_WHAT YOU WILL DO_. Of all the entries below, retype only the lines from the one with "((ds : List" through the one with "api ≡ returns tt", exactly as they appear.

_GIVEN DATA_.
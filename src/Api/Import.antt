-- ===== src/Api/Import.antt =====
-- The walk over imported files in pkg/parser/api/parser/api.go: `mergeAPI`, `parseImportedAPI` and
-- `parseReverse`.
use goctl.Api.Convert.{Api, convert2api}
use goctl.Api.Errors.{
  Run, returns, fails, panics, diverges, multiple_syntax, import_cycle, unparsed, ◌>>=◌, deref,
}
use goctl.Ast.{Node, Stmt, import_literal, import_group}
use goctl.Ast.Nodes.{pos, format}
use goctl.Base.{
  Bool, ℕ, zero, suc, not, List, [], ◌∷◌, ◌++◌, Option, none, some, Text, ◌==◌, text_eq,
  if◌then◌else◌,
}
use goctl.ImportStack.{is_on, push, pop}
use goctl.Token.Defs.{Token}

-- What the files of one run share: `importManager` and `importSet`.
pub record Imports : Type 0 where
  pub stack : List Text
  pub set : List Text

-- `mergeAPI`.
unfoldable pub merge_api : Api → Api → Run Api
unfolding format text_eq pos
merge_api api other = deref api.syntax.value >>= λ v. deref other.syntax.value >>= λ w.
    if not (text_eq (format [] v) (format [] w))
    then fails (multiple_syntax (pos w) (format [] v) (format [] w) ∷ [])
    else returns (record api {
      type_stmt = api.type_stmt ++ other.type_stmt;
      service_stmts = api.service_stmts ++ other.service_stmts;
    })

-- The loop of `parseReverse`.
unfoldable pub merge_all : Api → List Api → Run Api
unfolding merge_api
merge_all api [] = returns api
merge_all api (other ∷ others) = do api' ← merge_api api other; merge_all api' others

-- `strings.ReplaceAll` of a double quote by nothing.
unfoldable pub drop_quotes : Text → Text
drop_quotes [] = []
drop_quotes (c ∷ s) = let rest = drop_quotes s in if c == b'"' then rest else c ∷ rest

-- A write to `importValueSet`: the map with one entry for each path.
unfoldable pub put_value : Text → Token → List (Text × Token) → List (Text × Token)
unfolding text_eq
put_value p t [] = (p, t) ∷ []
put_value p t ((q, u) ∷ m) = if text_eq q p then (q, t) ∷ m else (q, u) ∷ put_value p t m

unfoldable pub put_values : List Node → List (Text × Token) → Run (List (Text × Token))
unfolding put_value drop_quotes
put_values [] m = returns m
put_values (n ∷ ns) m = do
  t ← deref n
  put_values ns (put_value (drop_quotes t.token.text) t.token m)

unfoldable pub import_values : List Stmt → List (Text × Token) → Run (List (Text × Token))
unfolding put_values
import_values [] m = returns m
import_values (import_literal i v ∷ ss) m = do m' ← put_values (v ∷ []) m; import_values ss m'
import_values (import_group i l vs r ∷ ss) m = do m' ← put_values vs m; import_values ss m'
import_values (_ ∷ ss) m = import_values ss m

-- What is used of the package path/filepath: `IsAbs`, `Dir`, and `Join` of two paths.
pub record FilePath : Type 0 where
  pub is_abs : Text → Bool
  pub dir : Text → Text
  pub join : Text → Text → Text

-- The path of a file that the file of a name imports.
unfoldable pub resolve : FilePath → Text → Text → Text
resolve paths filename p =
    let dir = paths.dir filename in if not (paths.is_abs p) then paths.join dir p else p

-- A file is loaded by its path, as its name with the statements of its tree, or with errors; and the
-- map of the imports of a file is walked in some order.
module _ (load : Text → Option (Text × List Stmt)) (paths : FilePath)
    (order : List (Text × Token) → List (Text × Token)) where
  -- The reading of a file, up to the API made of it.
  unfoldable pub load_api : Text → Run Api
  unfolding convert2api
  load_api path = elim (load path) [
    | none ↦ fails (unparsed path ∷ [])
    | some (filename, stmts) ↦ convert2api filename stmts
  ]

  unfoldable pub pop_stack : Imports → Run Imports
  unfolding pop
  pop_stack st = elim (pop st.stack) [ none ↦ panics | some s ↦ returns (record st { stack = s }) ]

  -- One round of `parseImportedAPI`, which reads the imports of an imported file by `nested`.
  unfoldable pub import_file :
      (Api → Imports → Run (Api × Imports)) → Text → Token → Imports → Run (List Api × Imports)
  unfolding push is_on load_api pop_stack
  import_file nested path tok st = elim (push path st.stack).0 [
    | some e ↦ fails (import_cycle tok.position ∷ [])
    | none ↦
        let pushed = record st { stack = (push path st.stack).1 } in
        if is_on path st.set
        then (pop_stack pushed >>= λ st'. returns ([], st'))
        else (load_api path >>= λ api.
            nested api (record pushed { set = path ∷ pushed.set }) >>= λ r.
            pop_stack r.1 >>= λ st'. returns (r.0 ∷ [], st'))
  ]

  unfoldable pub import_files :
      (Api → Imports → Run (Api × Imports))
      → Text
      → List (Text × Token)
      → Imports
      → Run (List Api × Imports)
  unfolding import_file resolve
  import_files nested filename [] st = returns ([], st)
  import_files nested filename ((p, tok) ∷ ps) st = do
    (one, st') ← import_file nested (resolve paths filename p) tok st
    (others, st2) ← import_files nested filename ps st'
    returns (one ++ others, st2)

  -- `parseReverse`, with one unit of fuel for each file on the way down.
  unfoldable pub parse_reverse : ℕ → Api → Imports → Run (Api × Imports)
  unfolding import_values import_files merge_all
  parse_reverse zero api st = diverges
  parse_reverse (suc fuel) api st = do
    m ← import_values api.import_stmt []
    (others, st') ← import_files (parse_reverse fuel) api.filename (order m) st
    api' ← merge_all api others
    returns (api', st')
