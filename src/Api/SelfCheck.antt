-- ===== src/Api/SelfCheck.antt =====
-- `SelfCheck` of pkg/parser/api/parser/api.go, and what a file that passes it has.
use mathlib.Core.Path.{subst}
use goctl.Analyzer.Kind.{is_base_type}
use goctl.Api.Checks.{
  check_import_stmt, check_info_stmt, check_type_stmt, check_type_declare_context, import_nodes,
  type_names, texts_of,
}
use goctl.Api.ServiceChecks.{check_service_stmt}
use goctl.Api.Convert.{Api}
use goctl.Api.Duplicates.{
  check_import_stmt_iff, check_type_stmt_iff, check_info_stmt_iff, info_keys,
}
use goctl.Api.Errors.{Problem, Run, returns, panics, ◌>>=◌, ◌>>◌, error}
use goctl.Api.Import.{FilePath, Imports, parse_reverse}
use goctl.Api.Laws.{error_iff, >>=-eq-returns, returns_cancel}
use goctl.Api.Resolve.{
  names_in_stmts, problems, problem_with, problems-cases, check_type_declare_context-problems,
}
use goctl.Api.Filtered.{AllUnique}
use goctl.Ast.{TokenNode, Node, RouteStmt, Stmt}
use goctl.Base.{
  ℕ, ◌≡◌, refl, ap, ◌∙◌, ◌⊎◌, inl, inr, true, Bool-cases, List, [], ◌∷◌, ◌++◌, Option, none, some,
  Text, All, arith,
}
use goctl.Token.Defs.{Token}
use goctl.Token.Tables.{has_text}

module _ (load : Text → Option (Text × List Stmt)) (paths : FilePath)
    (order : List (Text × Token) → List (Text × Token)) (route_text : RouteStmt → Text)
    (name_text : TokenNode → Text) where
  unfoldable pub self_check : ℕ → Api → Imports → Run (Api × Imports)
  unfolding parse_reverse check_import_stmt check_info_stmt check_type_stmt check_service_stmt
      check_type_declare_context
  self_check fuel api st = do
    (api', st') ← parse_reverse load paths order fuel api st
    check_import_stmt api'
    check_info_stmt api'
    check_type_stmt api'
    check_service_stmt route_text name_text api'
    check_type_declare_context api'
    returns (api', st')

-- A name is there, and is that of a base type or a declared one.
abbrev pub IsKnown : List Text → Node → Type 0
IsKnown ds n =
    (t : TokenNode) × (n ≡ some t)
    × ((is_base_type t.token.text ≡ true) ⊎ (has_text ds t.token.text ≡ true))

problem_with-empty :
    (ds : List Text) (t : TokenNode)
    → problem_with ds t ≡ []
    → (is_base_type t.token.text ≡ true) ⊎ (has_text ds t.token.text ≡ true)
unfolding problem_with
problem_with-empty ds t h = elim (Bool-cases (is_base_type t.token.text)) [
  | inl e ↦ inl e
  | inr e ↦ elim (Bool-cases (has_text ds t.token.text)) [ inl f ↦ inr f | inr f ↦ ground arith ]
]

append-nil_split {ℓ} : {A : Type ℓ} (xs ys : List A) → xs ++ ys ≡ [] → (xs ≡ []) × (ys ≡ [])
append-nil_split [] ys h = (refl, h)
append-nil_split (x ∷ xs) ys h = ground arith

problems-IsKnown :
    (ds : List Text) (ns : List Node) → problems ds ns ≡ returns [] → All (IsKnown ds) ns
unfolding problems
problems-IsKnown ds [] h = tt
problems-IsKnown ds (none ∷ ns) h = ground arith
problems-IsKnown ds (some t ∷ ns) h = elim (problems-cases ds ns) [
  | inl (ps, e) ↦
      let g : ◌≡◌ {A = Run (List Problem)} (returns (problem_with ds t ++ ps)) (returns []) =
        rw e at h in
      let s = append-nil_split (problem_with ds t) ps (cc) in
      ((t, refl, problem_with-empty ds t s.0), problems-IsKnown ds ns (e ∙ ap returns s.1))
  | inr e ↦ let g : ◌≡◌ {A = Run (List Problem)} panics (returns []) = rw e at h in ground arith
]

-- What the checks find in a file.
abbrev pub IsChecked : Api → Type 0
IsChecked api =
    AllUnique (import_nodes api.import_stmt)
    × AllUnique (info_keys api.info)
    × AllUnique (type_names api.type_stmt)
    × ((ds : List Text) × (texts_of (type_names api.type_stmt) ≡ returns ds)
        × All (IsKnown ds) (names_in_stmts api.type_stmt))

check_type_declare_context-IsKnown :
    (api : Api)
    → check_type_declare_context api ≡ returns tt
    → (ds : List Text) × (texts_of (type_names api.type_stmt) ≡ returns ds)
      × All (IsKnown ds) (names_in_stmts api.type_stmt)
check_type_declare_context-IsKnown api h =
    let (ds, e, r) =
      >>=-eq-returns (texts_of (type_names api.type_stmt)) _
        (rw (check_type_declare_context-problems api) at h) in
    let (ps, g, z) = >>=-eq-returns (problems ds (names_in_stmts api.type_stmt)) error r in
    (ds, e, problems-IsKnown ds _ (g ∙ ap returns ((error_iff ps).0 z)))

module _ (load : Text → Option (Text × List Stmt)) (paths : FilePath)
    (order : List (Text × Token) → List (Text × Token)) (route_text : RouteStmt → Text)
    (name_text : TokenNode → Text) where
  -- Where `SelfCheck` returns without an error, the file is the one that `parseReverse` made of it,
  -- and its imported paths, the keys of its info statement and its type names are each unique up to
  -- one place, and every name that a type of it uses is that of a base type or of a type that it
  -- declares.
  pub self_check-IsChecked :
      (fuel : ℕ) (api : Api) (st : Imports) (res : Api × Imports)
      → self_check load paths order route_text name_text fuel api st ≡ returns res
      → (parse_reverse load paths order fuel api st ≡ returns res) × IsChecked res.0
  unfolding self_check
  self_check-IsChecked fuel api st res h =
      let (r, e, h1) = >>=-eq-returns (parse_reverse load paths order fuel api st) _ h in
      let (u1, imports, h2) = >>=-eq-returns (check_import_stmt r.0) _ h1 in
      let (u2, infos, h3) = >>=-eq-returns (check_info_stmt r.0) _ h2 in
      let (u3, types, h4) = >>=-eq-returns (check_type_stmt r.0) _ h3 in
      let (u4, services, h5) = >>=-eq-returns (check_service_stmt route_text name_text r.0) _ h4 in
      let (u5, known, h6) = >>=-eq-returns (check_type_declare_context r.0) _ h5 in
      let facts : IsChecked r.0 = (
        (check_import_stmt_iff r.0).0 imports,
        (check_info_stmt_iff r.0).0 infos,
        (check_type_stmt_iff r.0).0 types,
        check_type_declare_context-IsKnown r.0 known,
      ) in
      let same = returns_cancel r res h6 in
      (e ∙ ap returns same, subst (λ q. IsChecked q.0) same facts)
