-- ===== src/Analyzer/Resolved.antt =====
-- In a file whose type names are known, `fillTypes` of pkg/parser/api/parser/analyzer.go finds the
-- struct of every member.
use goctl.Analyzer.Convert.{ast_type_to_spec, node_texts, members_of}
use goctl.Analyzer.Fill.{
  exprs_of, find_defined_type, lookup_struct, fill_members, fill_structs, fill_data_type,
  fill_type_expr, fill_type_exprs, fill_types,
}
use goctl.Analyzer.Formed.{Made, IsNamed, ast_type_to_spec-Made, node_texts-Post}
use goctl.Analyzer.Kind.{is_base_type}
use goctl.Analyzer.Spec.{
  SpecType, Members, primitive_type, define_struct, nested_struct, map_of, array_of, interface_of,
  pointer_to, no_members, member,
}
use goctl.Api.Checks.{expr_names, texts_of}
use goctl.Api.Convert.{Api}
use goctl.Api.Errors.{Run, returns, deref}
use goctl.Api.Laws.{>>=-eq-returns, returns_cancel}
use goctl.Api.Post.{Post, Post-bind, Always}
use goctl.Api.Resolve.{names_in, names_in_elems, names_in_exprs}
use goctl.Api.SelfCheck.{IsKnown, IsChecked}
use goctl.Ast.{
  TokenNode, Node, DataType, Elems, any_type, array_type, base_type, interface_type, map_type,
  pointer_type, slice_type, struct_type, no_elems, elem, TypeExpr,
}
use goctl.Base.{
  none, ◌≡◌, refl, sym, ap, ◌∙◌, inl, inr, true, Bool-cases, List, [], ◌∷◌, ◌++◌, some, Text, All,
  text_eq, arith,
}
use goctl.Token.Tables.{has_text}
use goctl.Analyzer.Exprs.{type_names-exprs_of, names_in_stmts-exprs_of}

-- A struct that is named is declared.
abbrev IsDeclared : List Text → SpecType → Type 0
IsDeclared ds (define_struct r ms) = has_text ds r ≡ true
IsDeclared ds _ = Unit

abbrev AreDeclared : List Text → Members → Type 0
AreDeclared ds no_members = Unit
AreDeclared ds (member n t tag b ms) = IsDeclared ds t × AreDeclared ds ms

-- The structs of these names, with members that are declared among `ds`.
abbrev Declares : List Text → List SpecType → List Text → Type 0
Declares ds [] [] = Unit
Declares ds (define_struct r ms ∷ ts) (name ∷ names) =
    (r ≡ name) × AreDeclared ds ms × Declares ds ts names
Declares ds _ _ = ⊥

module _ {ℓ κ} {A : Type ℓ} (P : A → Type κ) where
  All-append_split : (xs ys : List A) → All P (xs ++ ys) → All P xs × All P ys
  All-append_split [] ys h = (tt, h)
  All-append_split (x ∷ xs) ys h = let r = All-append_split xs ys h.1 in ((h.0, r.0), r.1)

named-IsDeclared :
    (ds : List Text) (d : DataType) (t : SpecType)
    → All (IsKnown ds) (names_in d)
    → IsNamed d t
    → IsDeclared ds t
unfolding names_in
named-IsDeclared ds d (define_struct r ms) h (t, e, f, g) =
    let k : All (IsKnown ds) (some t ∷ []) = rw e at h in
    let (u, same, known) = k.0 in
    let q : t ≡ u = cc in
    let w : u.token.text ≡ r = ap (λ (x : TokenNode). x.token.text) (sym q) ∙ f in
    elim known [ inl b ↦ let b' : is_base_type r ≡ true = rw w at b in cc | inr b ↦ rw w at b ]
named-IsDeclared ds d (primitive_type r) h n = tt
named-IsDeclared ds d (nested_struct r ms) h n = tt
named-IsDeclared ds d (map_of r k v) h n = tt
named-IsDeclared ds d (array_of r v) h n = tt
named-IsDeclared ds d (interface_of r) h n = tt
named-IsDeclared ds d (pointer_to r t) h n = tt

module _ (written : DataType → Text) (ds : List Text) where
  members_of-AreDeclared :
      (es : Elems)
      → All (IsKnown ds) (names_in_elems es)
      → Post (AreDeclared ds) (members_of written es)
  unfolding members_of names_in
  members_of-AreDeclared no_elems h = tt
  members_of-AreDeclared (elem ns d tag es) h =
      let s = All-append_split (IsKnown ds) (names_in d) (names_in_elems es) h in
      Post-bind Always (AreDeclared ds) (node_texts ns) _ (node_texts-Post ns) λ names _.
        Post-bind (Made d) (AreDeclared ds) (ast_type_to_spec written d) _
          (ast_type_to_spec-Made written d)
          λ t m.
            Post-bind (AreDeclared ds) (AreDeclared ds) (members_of written es) _
              (members_of-AreDeclared es s.1) λ ms k. (named-IsDeclared ds d t s.0 m.2, k)

  fill_data_type-Declares :
      (t : TokenNode) (d : DataType)
      → All (IsKnown ds) (names_in d)
      → Post (λ s. Declares ds (s ∷ []) (t.token.text ∷ [])) (fill_data_type written (some t) d)
  unfolding fill_data_type names_in
  fill_data_type-Declares t (struct_type l es r) h =
      Post-bind (AreDeclared ds) (λ s. Declares ds (s ∷ []) (t.token.text ∷ []))
        (members_of written es) _ (members_of-AreDeclared es h) λ ms m. (refl, m, tt)
  fill_data_type-Declares t (any_type _) h = tt
  fill_data_type-Declares t (array_type _ _ _ _) h = tt
  fill_data_type-Declares t (base_type _) h = tt
  fill_data_type-Declares t (interface_type _) h = tt
  fill_data_type-Declares t (map_type _ _ _ _ _) h = tt
  fill_data_type-Declares t (pointer_type _ _) h = tt
  fill_data_type-Declares t (slice_type _ _ _) h = tt

  Declares-cons :
      (s : SpecType) (name : Text) (ts : List SpecType) (names : List Text)
      → Declares ds (s ∷ []) (name ∷ [])
      → Declares ds ts names
      → Declares ds (s ∷ ts) (name ∷ names)
  Declares-cons (define_struct r ms) name ts names h k = (h.0, h.1, k)
  Declares-cons (primitive_type _) name ts names h k = absurd h
  Declares-cons (nested_struct _ _) name ts names h k = absurd h
  Declares-cons (map_of _ _ _) name ts names h k = absurd h
  Declares-cons (array_of _ _) name ts names h k = absurd h
  Declares-cons (interface_of _) name ts names h k = absurd h
  Declares-cons (pointer_to _ _) name ts names h k = absurd h

  deref-returns : (n : Node) (t : TokenNode) → deref n ≡ returns t → n ≡ some t
  deref-returns none t e = ground arith
  deref-returns (some u) t e = let q : u ≡ t = cc in ap some q

  fill_type_exprs-Declares :
      (xs : List TypeExpr) (names : List Text)
      → texts_of (expr_names xs) ≡ returns names
      → All (IsKnown ds) (names_in_exprs xs)
      → Post (λ ts. Declares ds ts names) (fill_type_exprs written xs)
  unfolding fill_type_exprs fill_type_expr texts_of expr_names names_in_exprs
  fill_type_exprs-Declares [] names e h = rw (sym (returns_cancel [] names e)) tt
  fill_type_exprs-Declares (x ∷ xs) names e h =
      let (t, et, e1) = >>=-eq-returns (deref x.name) _ e in
      let (rest, er, e2) = >>=-eq-returns (texts_of (expr_names xs)) _ e1 in
      let whole = returns_cancel (t.token.text ∷ rest) names e2 in
      let s = All-append_split (IsKnown ds) (names_in x.data_type) (names_in_exprs xs) h in
      rw (deref-returns x.name t et, sym whole)
        (Post-bind (λ u. Declares ds (u ∷ []) (t.token.text ∷ []))
          (λ ts. Declares ds ts (t.token.text ∷ rest)) (fill_data_type written (some t) x.data_type)
          _ (fill_data_type-Declares t x.data_type s.0)
          λ u k.
            Post-bind (λ ts. Declares ds ts rest) (λ ts. Declares ds ts (t.token.text ∷ rest))
              (fill_type_exprs written xs) _ (fill_type_exprs-Declares xs rest er s.1)
              λ ts k'. Declares-cons u t.token.text ts rest k k')

find_defined_type-returns :
    (ds : List Text) (ts : List SpecType) (names : List Text) (r : Text)
    → Declares ds ts names
    → has_text names r ≡ true
    → (t : SpecType) × (find_defined_type r ts ≡ returns t)
unfolding find_defined_type has_text
find_defined_type-returns ds [] [] r d h = ground arith
find_defined_type-returns ds [] (n ∷ ns) r d h = absurd d
find_defined_type-returns ds (define_struct q ms ∷ ts) [] r d h = absurd d
find_defined_type-returns ds (define_struct q ms ∷ ts) (n ∷ ns) r d h =
    elim (Bool-cases (text_eq q r)) [
      | inl e ↦ (define_struct q ms, rw e refl)
      | inr e ↦
          let k : has_text ns r ≡ true = ground (arith, ap (λ x. text_eq x r) d.0) in
          rw e (find_defined_type-returns ds ts ns r d.2 k)
    ]
find_defined_type-returns ds (primitive_type _ ∷ ts) ns r d h = absurd d
find_defined_type-returns ds (nested_struct _ _ ∷ ts) ns r d h = absurd d
find_defined_type-returns ds (map_of _ _ _ ∷ ts) ns r d h = absurd d
find_defined_type-returns ds (array_of _ _ ∷ ts) ns r d h = absurd d
find_defined_type-returns ds (interface_of _ ∷ ts) ns r d h = absurd d
find_defined_type-returns ds (pointer_to _ _ ∷ ts) ns r d h = absurd d

module _ (ds : List Text) (ts : List SpecType) (d : Declares ds ts ds) where
  lookup_struct-returns :
      (t : SpecType) → IsDeclared ds t → (u : SpecType) × (lookup_struct ts t ≡ returns u)
  unfolding lookup_struct
  lookup_struct-returns (define_struct r ms) h = find_defined_type-returns ds ts ds r d h
  lookup_struct-returns (primitive_type r) h = (primitive_type r, refl)
  lookup_struct-returns (nested_struct r ms) h = (nested_struct r ms, refl)
  lookup_struct-returns (map_of r k v) h = (map_of r k v, refl)
  lookup_struct-returns (array_of r v) h = (array_of r v, refl)
  lookup_struct-returns (interface_of r) h = (interface_of r, refl)
  lookup_struct-returns (pointer_to r t) h = (pointer_to r t, refl)

  fill_members-returns :
      (ms : Members) → AreDeclared ds ms → (ms' : Members) × (fill_members ts ms ≡ returns ms')
  unfolding fill_members
  fill_members-returns no_members h = (no_members, refl)
  fill_members-returns (member n t tag b ms) h =
      let (u, e) = lookup_struct-returns t h.0 in
      let (ms', e') = fill_members-returns ms h.1 in (member n u tag b ms', rw (e, e') refl)

  fill_structs-returns :
      (us : List SpecType) (names : List Text)
      → Declares ds us names
      → (vs : List SpecType) × (fill_structs ts us ≡ returns vs)
  unfolding fill_structs
  fill_structs-returns [] names h = ([], refl)
  fill_structs-returns (define_struct r ms ∷ us) [] h = absurd h
  fill_structs-returns (define_struct r ms ∷ us) (n ∷ names) h =
      let (ms', e) = fill_members-returns ms h.1 in
      let (vs, e') = fill_structs-returns us names h.2 in
      (define_struct r ms' ∷ vs, rw (e, e') refl)
  fill_structs-returns (primitive_type _ ∷ us) names h = absurd h
  fill_structs-returns (nested_struct _ _ ∷ us) names h = absurd h
  fill_structs-returns (map_of _ _ _ ∷ us) names h = absurd h
  fill_structs-returns (array_of _ _ ∷ us) names h = absurd h
  fill_structs-returns (interface_of _ ∷ us) names h = absurd h
  fill_structs-returns (pointer_to _ _ ∷ us) names h = absurd h

Post-returns {ℓ} :
    {A : Type ℓ} (P : A → Type 0) (m : Run A) (a : A) → Post P m → m ≡ returns a → P a
Post-returns P m a h e = let k : Post P (returns a) = rw e at h in k

-- For a file that has passed the checks, once the first loop of `fillTypes` has turned the type
-- expressions into structs, `fillTypes` returns: the struct of every member whose type is a name is
-- found.
pub fill_types-returns :
    (written : DataType → Text) (api : Api) (ts : List SpecType)
    → IsChecked api
    → fill_type_exprs written (exprs_of api.type_stmt) ≡ returns ts
    → (us : List SpecType) × (fill_types written api ≡ returns us)
unfolding fill_types
fill_types-returns written api ts c e =
    let (ds, named, known) = c.3 in
    let named' : texts_of (expr_names (exprs_of api.type_stmt)) ≡ returns ds =
      rw (type_names-exprs_of api.type_stmt) at named in
    let known' : All (IsKnown ds) (names_in_exprs (exprs_of api.type_stmt)) =
      rw (names_in_stmts-exprs_of api.type_stmt) at known in
    let d =
      Post-returns (λ us. Declares ds us ds) (fill_type_exprs written (exprs_of api.type_stmt)) ts
        (fill_type_exprs-Declares written ds (exprs_of api.type_stmt) ds named' known') e in
    rw e (fill_structs-returns ds ts d ts ds d)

_WRITTEN SOLUTION_.
    × ((ds : List Text) × (texts_of (type_names api.type_stmt) ≡ returns ds)
        × All (IsKnown ds) (names_in_stmts api.type_stmt))

check_type_declare_context-IsKnown :
    (api : Api)
    → check_type_declare_context api ≡ returns tt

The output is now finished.